Dataset entries:
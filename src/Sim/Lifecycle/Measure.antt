-- ===== src/Sim/Lifecycle/Measure.antt =====
-- The measurements of puls-engine/sim/lifecycle.cpp: what a node adds to the sums of a round.
use puls_rfc.Prelude.{
  ℕ, ◌+◌, Bool, true, false, Option, none, some, List, map, pos, leb, ◌==◌, length, get_elem?,
  sum_by, if◌then◌else◌,
}
use puls_rfc.Double.{Double}
use puls_rfc.OperatingPoint.{OperatingPoint}
use puls_rfc.Sim.Workload.{LengthClass, short, mid, long, cls}
use puls_rfc.Sim.Lifecycle.Prefill.{SimPrefill, ChunkBatch}
use puls_rfc.Sim.Lifecycle.Decode.{SimDecoder, live_kv, DecodeBatch}

-- A node: its decoders, its prefills, the finished prefills, and the source of its healing.
pub record LifeNode (S : Type 0) : Type 0 where
  pub dec : List SimDecoder
  pub pf : List SimPrefill
  pub ready : List SimPrefill
  pub source : S

-- How many of a pool have waited `age_cap` rounds.
unfoldable pub aged : ℕ → List ℕ → ℕ
aged age_cap waits = sum_by (λ w. if leb age_cap w then 1 else 0) waits

unfoldable pub in_class : LengthClass → List SimDecoder → ℕ
unfolding cls
in_class c pool = sum_by (λ q. same c (cls q.prompt)) pool
  where
    same : LengthClass → LengthClass → ℕ
    same short short = 1
    same mid mid = 1
    same long long = 1
    same _ _ = 0

-- The measurements, summed over nodes (`r...`) or over rounds (`acc...`).
pub record Sums (W : Type 0) : Type 0 where
  pub dec_hit : W
  pub dec_dev : W
  pub pf_hit : W
  pub pf_dev : W
  pub pf1_hit : W
  pub pf1_dev : W
  pub pf2_hit : W
  pub pf2_dev : W
  pub dec_mean : W
  pub dec_pool : W
  pub ready : W
  pub pf_pool : W
  pub resid : W × W × W
  pub aged_dec : W
  pub aged_pf : W
  pub dec_forced : W
  pub dec_sel : W
  pub max_dev : W
  pub miss_dev_sum : W
  pub miss_count : ℕ
  pub b1_cm : ℕ
  pub b1_dm : ℕ
  pub b2_cm : ℕ
  pub b2_dm : ℕ

module _ {W : Type 0} ⦃d : Double W⦄ where
  abbrev pub nat : ℕ → W
  nat n = d.of_int (pos n)

  abbrev pub no_sums : Sums W
  no_sums = record {
    dec_hit = nat 0;
    dec_dev = nat 0;
    pf_hit = nat 0;
    pf_dev = nat 0;
    pf1_hit = nat 0;
    pf1_dev = nat 0;
    pf2_hit = nat 0;
    pf2_dev = nat 0;
    dec_mean = nat 0;
    dec_pool = nat 0;
    ready = nat 0;
    pf_pool = nat 0;
    resid = (nat 0, nat 0, nat 0);
    aged_dec = nat 0;
    aged_pf = nat 0;
    dec_forced = nat 0;
    dec_sel = nat 0;
    max_dev = nat 0;
    miss_dev_sum = nat 0;
    miss_count = 0;
    b1_cm = 0;
    b1_dm = 0;
    b2_cm = 0;
    b2_dm = 0;
  }

  -- `empty() ? 0 : (double)n / size()`
  abbrev pub share : ℕ → ℕ → W
  share n size = if size == 0 then nat 0 else d.div (nat n) (nat size)

  abbrev pub flag : Bool → W
  flag b = if b then nat 1 else nat 0

  abbrev pub half : W → W → W
  half a b = d.div (d.add a b) (nat 2)

  unfoldable pub note_prefill :
      OperatingPoint W → List SimPrefill → ChunkBatch W × ChunkBatch W → Sums W → Sums W
  unfolding aged
  note_prefill op pf (one, two) r = record r {
    aged_pf = d.add r.aged_pf (share (aged op.age_cap (map (λ q. q.wait) pf)) (length pf));
    pf1_hit = d.add r.pf1_hit (flag one.hit);
    pf1_dev = d.add r.pf1_dev one.dev;
    pf2_hit = d.add r.pf2_hit (flag two.hit);
    pf2_dev = d.add r.pf2_dev two.dev;
    pf_hit = d.add r.pf_hit (half (flag one.hit) (flag two.hit));
    pf_dev = d.add r.pf_dev (half one.dev two.dev);
  }

  abbrev pub worse : W → W → W
  worse dev mx = if d.lt mx dev then dev else mx

  -- A batch that misses, by count or by deviation, in the counters of its place.
  unfoldable pub note_miss : OperatingPoint W → Bool → DecodeBatch W → Sums W → Sums W
  note_miss op second b r =
      let r1 = record r { max_dev = worse b.dev r.max_dev } in
      let r2 = record r1 {
        miss_dev_sum = d.add r.miss_dev_sum b.dev;
        miss_count = r.miss_count + 1;
      } in
      let full = length b.selected == op.decode_count_target in
      if b.hit
      then r1
      else (if second
          then (if full
              then record r2 { b2_dm = r.b2_dm + 1 }
              else record r2 { b2_cm = r.b2_cm + 1 })
          else (if full
              then record r2 { b1_dm = r.b1_dm + 1 }
              else record r2 { b1_cm = r.b1_cm + 1 }))

  -- What is measured of the two batches and of the pool they are chosen from. Where there is no
  -- second batch, its deviation is 1 and it is no hit.
  unfoldable pub note_decode :
      OperatingPoint W
      → List SimDecoder
      → DecodeBatch W × Option (DecodeBatch W) × List Bool
      → Sums W
      → Sums W
  unfolding note_miss aged in_class
  note_decode op pool (one, two, used) r =
      let dev2 : W = elim two [ none ↦ nat 1 | some b ↦ b.dev ] in
      let hit2 : Bool = elim two [ none ↦ false | some b ↦ b.hit ] in
      let bit : Bool → ℕ = λ h. if h then 1 else 0 in
      let forced : ℕ =
        sum_by
          (λ i. elim (get_elem? pool i) [
            | none ↦ 0
            | some q ↦ if leb op.age_cap q.wait then 1 else 0
          ])
          one.selected in
      let r1 = note_miss op false one r in
      let r2 : Sums W = elim two [ none ↦ r1 | some b ↦ note_miss op true b r1 ] in
      let size = length pool in
      let (a, b, c) = r.resid in
      record r2 {
        dec_forced = d.add r.dec_forced (nat forced);
        dec_sel = d.add r.dec_sel (nat (length one.selected));
        dec_mean = d.add r.dec_mean (share (sum_by live_kv pool) size);
        resid = (
          d.add a (share (in_class short pool) size),
          d.add b (share (in_class mid pool) size),
          d.add c (share (in_class long pool) size),
        );
        aged_dec = d.add r.aged_dec (share (aged op.age_cap (map (λ q. q.wait) pool)) size);
        dec_hit = d.add r.dec_hit (d.div (nat (bit one.hit + bit hit2)) (nat 2));
        dec_dev = d.add r.dec_dev (half one.dev dev2);
      }

  unfoldable pub note_sizes : {S : Type 0} → LifeNode S → Sums W → Sums W
  note_sizes n r = record r {
    dec_pool = d.add r.dec_pool (nat (length n.dec));
    ready = d.add r.ready (nat (length n.ready));
    pf_pool = d.add r.pf_pool (nat (length n.pf));
  }
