-- ===== src/Sim/Lifecycle/Defs.antt =====
-- A node's round of puls-engine/sim/lifecycle.cpp, the loop over nodes and rounds, and the cold
-- start. The generator is a parameter; `draw` is one raw output of it.
use puls_rfc.Prelude.{
  ℕ, zero, suc, ◌+◌, ◌-◌, true, false, Option, none, some, List, [], ◌∷◌, ◌++◌, ℤ, pos, pos_part,
  ltb_ℤ, length,
}
use puls_rfc.Double.{Double}
use puls_rfc.OperatingPoint.{OperatingPoint}
use puls_rfc.RequestSource.{RequestSource}
use puls_rfc.Sim.Workload.{Random}
use puls_rfc.Sim.Lifecycle.Prefill.{SimPrefill, prefill_batches, progress, hand_over}
use puls_rfc.Sim.Lifecycle.Decode.{Tally, decode_batches, decode_round}
use puls_rfc.Sim.Lifecycle.Measure.{LifeNode, Sums, note_prefill, note_decode, note_sizes}

-- The samplers, with the fuel of the repeated draw.
pub record Samplers (W G : Type 0) : Type 0 where
  pub random : Random W G
  pub draw : G → ℕ × G
  pub sample_b : G → ℕ × G
  pub edge_cutoff : ℤ
  pub draws : ℕ

module _ {W : Type 0} ⦃d : Double W⦄ {G : Type 0} (k : Samplers W G) where
  -- `256 + (int)(uni(rng) * 3840)`; the draw is not negative.
  unfoldable pub sample_dtot : G → ℕ × G
  sample_dtot g =
      let (u, g') = k.random.uniform_real g in
      (256 + pos_part (d.trunc (d.mul u (d.of_int (pos 3840)))), g')

  unfoldable pub gated_sample : ℕ → G → Option ℕ × G
  gated_sample zero g = (none, g)
  gated_sample (suc fuel) g =
      let (p, g') = k.sample_b g in
      elim (ltb_ℤ k.edge_cutoff (pos p)) [ true ↦ gated_sample fuel g' | false ↦ (some p, g') ]

  -- `n` new prefills at the end of the pool; fewer where the draws run out.
  unfoldable pub fresh_prefills : ℕ → List SimPrefill → G → List SimPrefill × G
  unfolding gated_sample sample_dtot
  fresh_prefills zero pf g = (pf, g)
  fresh_prefills (suc n) pf g =
      let (p, g1) = gated_sample k.draws g in
      elim p [
        | none ↦ (pf, g1)
        | some prompt ↦
            let (dtot, g2) = sample_dtot g1 in
            fresh_prefills n
              (pf ++ record { prompt = prompt; dtot = dtot; processed = 0; wait = 0 } ∷ []) g2
      ]

  -- `while (pf.size() < prefill_pool)`: each pass adds one.
  unfoldable pub keep_prefills : ℕ → List SimPrefill → G → List SimPrefill × G
  unfolding fresh_prefills
  keep_prefills prefill_pool pf g = fresh_prefills (prefill_pool - length pf) pf g

  module _ (op : OperatingPoint W) {S : Type 0} (src : RequestSource W S) where
    unfoldable pub life_round : LifeNode S → Tally → G → Sums W → LifeNode S × Tally × G × Sums W
    unfolding prefill_batches progress hand_over decode_batches decode_round keep_prefills
        note_prefill note_decode note_sizes
    life_round n t g r =
        let (one, two) = prefill_batches op n.pf in
        let r1 = note_prefill op n.pf (one, two) r in
        let (pf, ready) = hand_over (progress one.chunks two.chunks n.pf) n.ready in
        let batches = decode_batches op n.dec in
        let r2 = note_decode op n.dec batches r1 in
        let f =
          decode_round op src batches.2
            (record { pool = n.dec; ready = ready; source = n.source; tally = t }) in
        let (pf', g') = keep_prefills op.prefill_pool pf g in
        let n' : LifeNode S = record {
          dec = f.pool;
          pf = pf';
          ready = f.ready;
          source = f.source;
        } in
        (n', f.tally, g', note_sizes n' r2)

    unfoldable pub serve_nodes :
        List (LifeNode S) → Tally → G → Sums W → List (LifeNode S) × Tally × G × Sums W
    unfolding life_round
    serve_nodes [] t g r = ([], t, g, r)
    serve_nodes (n ∷ ns) t g r =
        let (n', t1, g1, r1) = life_round n t g r in
        let (ns', t2, g2, r2) = serve_nodes ns t1 g1 r1 in (n' ∷ ns', t2, g2, r2)
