-- ===== src/Sim/Lifecycle/Loop.antt =====
-- The cold start of puls-engine/sim/lifecycle.cpp, its loop over the rounds, and what a round adds to
-- the totals.
use puls_rfc.Prelude.{
  ℕ, zero, suc, ◌+◌, ◌-◌, ◌%◌, Option, none, some, List, [], ◌∷◌, ◌++◌, pos_part, leb, length,
  get_elem?, if◌then◌else◌,
}
use puls_rfc.Double.{Double}
use puls_rfc.OperatingPoint.{OperatingPoint}
use puls_rfc.RequestSource.{RequestSource}
use puls_rfc.Cluster.{ClusterNode, gate, cold_start}
use puls_rfc.Sim.Workload.{cls}
use puls_rfc.Sim.Lifecycle.Prefill.{SimPrefill}
use puls_rfc.Sim.Lifecycle.Decode.{SimDecoder, Tally, new_decoder, count_cls, admit_hole}
use puls_rfc.Sim.Lifecycle.Measure.{LifeNode, Sums, no_sums, nat, worse}
use puls_rfc.Sim.Lifecycle.Defs.{Samplers, sample_dtot, gated_sample, serve_nodes}

-- The totals, the number of rounds in them, and the first round's decode hit, decode deviation and
-- prefill deviation.
pub record Totals (W : Type 0) : Type 0 where
  pub acc : Sums W
  pub n : ℕ
  pub early : Option (W × W × W)

abbrev pub count_admit : ℕ → Tally → Tally
count_admit prompt t = record t { admit_cls = count_cls (cls prompt) t.admit_cls }

module _ {W : Type 0} ⦃d : Double W⦄ where
  -- `acc += r / Z`, but the worst deviation is the larger, and the misses are added as they are.
  unfoldable pub accumulate : ℕ → Sums W → Sums W → Sums W
  accumulate z r acc =
      let plus : W → W → W = λ a x. d.add a (d.div x (nat z)) in
      record {
        dec_hit = plus acc.dec_hit r.dec_hit;
        dec_dev = plus acc.dec_dev r.dec_dev;
        pf_hit = plus acc.pf_hit r.pf_hit;
        pf_dev = plus acc.pf_dev r.pf_dev;
        pf1_hit = plus acc.pf1_hit r.pf1_hit;
        pf1_dev = plus acc.pf1_dev r.pf1_dev;
        pf2_hit = plus acc.pf2_hit r.pf2_hit;
        pf2_dev = plus acc.pf2_dev r.pf2_dev;
        dec_mean = plus acc.dec_mean r.dec_mean;
        dec_pool = plus acc.dec_pool r.dec_pool;
        ready = plus acc.ready r.ready;
        pf_pool = plus acc.pf_pool r.pf_pool;
        resid =
            (plus acc.resid.0 r.resid.0, plus acc.resid.1 r.resid.1, plus acc.resid.2 r.resid.2);
        aged_dec = plus acc.aged_dec r.aged_dec;
        aged_pf = plus acc.aged_pf r.aged_pf;
        dec_forced = plus acc.dec_forced r.dec_forced;
        dec_sel = plus acc.dec_sel r.dec_sel;
        max_dev = worse r.max_dev acc.max_dev;
        miss_dev_sum = d.add acc.miss_dev_sum r.miss_dev_sum;
        miss_count = acc.miss_count + r.miss_count;
        b1_cm = acc.b1_cm + r.b1_cm;
        b1_dm = acc.b1_dm + r.b1_dm;
        b2_cm = acc.b2_cm + r.b2_cm;
        b2_dm = acc.b2_dm + r.b2_dm;
      }

  unfoldable pub add_round : ℕ → Sums W → Totals W → Totals W
  unfolding accumulate
  add_round z r t =
      let per : W → W = λ x. d.div x (nat z) in
      record {
        acc = accumulate z r t.acc;
        n = t.n + 1;
        early = elim t.early [
          | none ↦ some (per r.dec_hit, per r.dec_dev, per r.pf_dev)
          | some e ↦ some e
        ];
      }

  module _ {G : Type 0} (k : Samplers W G) (op : OperatingPoint W) where
    -- The lengths that the cold start put on a node, up to `decode_pool` of them.
    unfoldable pub seed_decoders :
        ℕ → List ℕ → List SimDecoder → G → Tally → List SimDecoder × G × Tally
    unfolding sample_dtot cls
    seed_decoders (suc n) (prompt ∷ lengths) pool g t =
        let (dtot, g') = sample_dtot k g in
        seed_decoders n lengths (pool ++ new_decoder prompt dtot ∷ []) g' (count_admit prompt t)
    seed_decoders _ _ pool g t = (pool, g, t)

    unfoldable pub seed_prefills : ℕ → List SimPrefill → G → List SimPrefill × G
    unfolding sample_dtot gated_sample
    seed_prefills zero pf g = (pf, g)
    seed_prefills (suc n) pf g =
        let (p, g1) = gated_sample k k.draws g in
        elim p [
          | none ↦ (pf, g1)
          | some prompt ↦
              let (dtot, g2) = sample_dtot k g1 in
              let (u, g3) = k.random.uniform_real g2 in
              let processed = pos_part (d.trunc (d.mul u (nat prompt))) in
              seed_prefills n
                (pf
                  ++ record { prompt = prompt; dtot = dtot; processed = processed; wait = 0 } ∷ [])
                g3
        ]

    -- The length of a random resident, and the balanced context where the pool is empty.
    abbrev pub random_hole : List SimDecoder → G → ℕ × G
    random_hole [] g = (pos_part (d.trunc op.ctx_balance), g)
    random_hole (q ∷ qs) g =
        let (x, g') = k.draw g in
        (
          elim (get_elem? (q ∷ qs) (x % length (q ∷ qs))) [ none ↦ q.prompt | some r ↦ r.prompt ],
          g',
        )

    module _ {S : Type 0} (src : RequestSource W S) where
      -- `while (dec_pool.size() < decode_pool)`, with a random resident's length as the hole.
      unfoldable pub top_up : ℕ → List SimDecoder → S → G → Tally → List SimDecoder × S × G × Tally
      unfolding admit_hole cls
      top_up zero pool s g t = (pool, s, g, t)
      top_up (suc n) pool s g t =
          let (hole, g1) = random_hole pool g in
          let (p, pool', s') = admit_hole op src hole pool s in
          elim p [
            | none ↦ (pool', s', g1, t)
            | some prompt ↦ top_up n pool' s' g1 (count_admit prompt t)
          ]

      unfoldable pub start_node : ClusterNode → S → G → Tally → List SimDecoder × S × G × Tally
      unfolding seed_decoders top_up
      start_node nd s g t =
          let (pool, g1, t1) = seed_decoders op.decode_pool nd.lengths [] g t in
          top_up (op.decode_pool - length pool) pool s g1 t1

      -- The draw is gated, and what it keeps is placed on the nodes, which start empty.
      unfoldable pub cold_nodes : (List ℕ → List ℕ) → List ℕ → List ClusterNode → List ClusterNode
      unfolding gate cold_start
      cold_nodes shuffle draw nodes = (cold_start op shuffle (gate op draw).kept nodes).0

      -- The rounds from `it` on; the measurements count from `warm` on.
      unfoldable pub life_loop :
          ℕ
          → ℕ
          → ℕ
          → List (LifeNode S)
          → Tally
          → G
          → Totals W
          → List (LifeNode S) × Tally × G × Totals W
      unfolding serve_nodes add_round
      life_loop warm zero it nodes t g totals = (nodes, t, g, totals)
      life_loop warm (suc rounds) it nodes t g totals =
          let (nodes', t', g', r) = serve_nodes k op src nodes t g no_sums in
          life_loop warm rounds (it + 1) nodes' t' g'
            (if leb warm it then add_round (length nodes) r totals else totals)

**Problem:**
Above are the lines; repeat exactly the ones from the line containing "(plus acc.resid.0 r.resid.0, plus" down to the line containing "add_round z r", both inclusive.

**Reply to the exercise:**
            (plus acc.resid.0 r.resid.0, plus acc.resid.1 r.resid.1, plus acc.resid.2 r.resid.2);
        aged_dec = plus acc.aged_dec r.aged_dec;
        aged_pf = plus acc.aged_pf r.aged_pf;
        dec_forced = plus acc.dec_forced r.dec_forced;
        dec_sel = plus acc.dec_sel r.dec_sel;
        max_dev = worse r.max_dev acc.max_dev;
        miss_dev_sum = d.add acc.miss_dev_sum r.miss_dev_sum;
        miss_count = acc.miss_count + r.miss_count;
        b1_cm = acc.b1_cm + r.b1_cm;
        b1_dm = acc.b1_dm + r.b1_dm;
        b2_cm = acc.b2_cm + r.b2_cm;
        b2_dm = acc.b2_dm + r.b2_dm;
      }

  unfoldable pub add_round : ℕ → Sums W → Totals W → Totals W
  unfolding accumulate
  add_round z r t =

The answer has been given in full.